2. The structure is minimal, containing only the essential labels needed to frame the query.
3. The use of a monospaced font suggests a technical or code-oriented context.
4. The red placeholder text serves as a clear visual cue for where user input is required.
### Interpretation
This image depicts a **prompt engineering template**. Its purpose is to standardize the format for asking a language model a multiple-choice question while explicitly requesting a confidence score (likely based on token probabilities) alongside the answer.
* **Function:** The template separates the instruction ("Token Prob Confidence Prompt"), the variable input (the question in red), and the expected output location ("Answer:").
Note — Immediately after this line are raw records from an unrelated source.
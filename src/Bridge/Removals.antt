-- ===== src/Bridge/Removals.antt =====
-- What the health checker and the admin API do to the route table.
use amail_bridge.Common.{ℕ, Option, List, [], ◌∷◌, ◌||◌, ◌==◌, Bool-cases, inl, inr}
use amail_bridge.Std.Text.{Text, is_empty}
use amail_bridge.Std.Dict.{Dict}
use amail_bridge.Std.Ip.{IpAddr}
use amail_bridge.Config.{BridgeConfig}
use amail_bridge.Router.Route.{ProfileRoute}
use amail_bridge.Router.Table.{Crates, ProfileRouter}
use amail_bridge.Router.Steps.{Reachable, next, removes, updates}
use amail_bridge.Push.Access.{parse_ip_list, admin_allows}
use amail_bridge.Health.{Network, remove_emails, remove_dead, check_listed, check_routes}
use amail_bridge.Admin.{
  AdminRequest, get_health, get_routes, post_route, delete_route, CreateRouteBody, create_route,
  handle, serve,
}

module _ (C : Crates) where
  remove_emails-Reachable :
      (emails : List Text) (r : ProfileRouter C.Regex)
      → Reachable C r
      → Reachable C (remove_emails C emails r)
  unfolding remove_emails
  remove_emails-Reachable [] r h = h
  remove_emails-Reachable (email ∷ emails) r h =
      remove_emails-Reachable emails _ (next h (removes email r))

  remove_dead-Reachable :
      (groups : Dict Text (List Text)) (targets : List Text) (r : ProfileRouter C.Regex)
      (failures : Dict Text ℕ)
      → Reachable C r
      → Reachable C (remove_dead C groups targets (r, failures)).0
  unfolding remove_dead
  remove_dead-Reachable groups [] r failures h = h
  remove_dead-Reachable groups (target ∷ targets) r failures h =
      remove_dead-Reachable groups targets _ _ (remove_emails-Reachable _ r h)

  create_route-Reachable :
      (cfg : BridgeConfig) (body : CreateRouteBody) (r : ProfileRouter C.Regex)
      → Reachable C r
      → Reachable C (create_route C cfg body r).1
  unfolding create_route
  create_route-Reachable cfg body r h =
      elim (Bool-cases (is_empty body.email || is_empty body.host || body.port == 0)) [
        | inl e ↦ rw e h
        | inr e ↦ rw e (next h (updates body.email body.host body.port r))
      ]

  handle-Reachable :
      (cfg : BridgeConfig) (request : AdminRequest) (r : ProfileRouter C.Regex)
      → Reachable C r
      → Reachable C (handle C cfg request r).1
  unfolding handle
  handle-Reachable cfg (get_health elapsed) r h = h
  handle-Reachable cfg get_routes r h = h
  handle-Reachable cfg (post_route body) r h = create_route-Reachable cfg body r h
  handle-Reachable cfg (delete_route email) r h = next h (removes email r)

  pub serve-Reachable :
      (cfg : BridgeConfig) (peer : Option IpAddr) (request : AdminRequest)
      (r : ProfileRouter C.Regex)
      → Reachable C r
      → Reachable C (serve C cfg peer request r).1
  unfolding serve
  serve-Reachable cfg peer request r h =
      elim (Bool-cases (admin_allows (parse_ip_list cfg.admin_allowed_ips) peer)) [
        | inl e ↦ rw e (handle-Reachable cfg request r h)
        | inr e ↦ rw e h
      ]

module _ (N : Network) (C : Crates) where
  check_listed-Reachable :
      (threshold : ℕ) (routes : List ProfileRoute) (r : ProfileRouter C.Regex)
      (failures : Dict Text ℕ) (w : N.World)
      → Reachable C r
      → Reachable C (check_listed N C threshold routes r failures w).0.0
  unfolding check_listed
  check_listed-Reachable threshold [] r failures w h = h
  check_listed-Reachable threshold (route ∷ routes) r failures w h =
      remove_dead-Reachable C _ _ r _ h

  pub check_routes-Reachable :
      (threshold : ℕ) (r : ProfileRouter C.Regex) (failures : Dict Text ℕ) (w : N.World)
      → Reachable C r
      → Reachable C (check_routes N C threshold r failures w).0.0
  unfolding check_routes
  check_routes-Reachable threshold r failures w h =
      check_listed-Reachable threshold _ r failures w h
This structure helps ensure consistent, parseable responses from an AI system, which is crucial for automated evaluation or confidence calibration tasks.
* **Implied Workflow:** A user would replace `[multiple choice question]` with their actual question. The system, when processing this formatted prompt, would be expected to generate not just the chosen answer but also a associated probability or confidence value, facilitating analysis of the model's certainty.
* **Context:** This is likely a component from a research paper, technical documentation, or a developer tool focused on AI model evaluation, interpretability, or reliability testing. The empty "Answer:" field indicates the template is ready for use.